[Stored records]
-- ===== src/Contexts/Forest.antt =====
-- The tree of contexts under any calls.
use warp_work.Base.{ℕ}
use warp_work.Store.{Env, World}
use warp_work.Store.Contexts.{ContextDb, ContextChange}
use warp_work.Store.Contexts.Forest.{IsForest}
use warp_work.Store.Contexts.Forest.Statements.{
  create_context-IsForest, update_context-IsForest, archive_context-IsForest,
}
use warp_work.Contexts.{CreateParams, create, update, archive}
use warp_work.Contexts.Statements.{
  Step, creates, updates, archives, Run, here, next, create-Moves, update-Moves, archive-Moves,
}

Step-IsForest : {user_id : ℕ} {a b : ContextDb} → Step user_id a b → IsForest a → IsForest b
Step-IsForest (creates arg at db e) h = create_context-IsForest arg at db h
Step-IsForest (updates id arg at db) h = update_context-IsForest id _ arg at db h
Step-IsForest (archives id at db) h = archive_context-IsForest id _ at db h

-- Whatever statements of CreateContext, UpdateContext and ArchiveContext of any users run, in any
-- order, every context's chain of parents ends at a root afterwards if it did before: no cycle and
-- no parent that is missing.
pub Run-IsForest : {P : ℕ → Type 0} {a b : ContextDb} → Run P a b → IsForest a → IsForest b
Run-IsForest here h = h
Run-IsForest (next p r s) h = Step-IsForest s (Run-IsForest r h)

-- Creating, updating and archiving contexts, whether the call succeeds or fails, keeps every
-- context's chain of parents ending at a root.
pub IsForest-calls :
    (env : Env) (user_id : ℕ) (arg : CreateParams) (change : ContextChange) (id : ℕ)
    (w : World ContextDb)
    → IsForest w.db
    → IsForest (create env user_id arg w).1.db
      × IsForest (update env user_id id change w).1.db
      × IsForest (archive env user_id id w).1.db
IsForest-calls env user_id arg change id w h = (
  Run-IsForest ((create-Moves env user_id arg).at w) h,
  Run-IsForest ((update-Moves env user_id id change).at w) h,
  Run-IsForest ((archive-Moves env user_id id).at w) h,
)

*To do*
A bare number is the whole answer: how many lines in the entries contain "ContextDb"?

*Answer to the problem*
4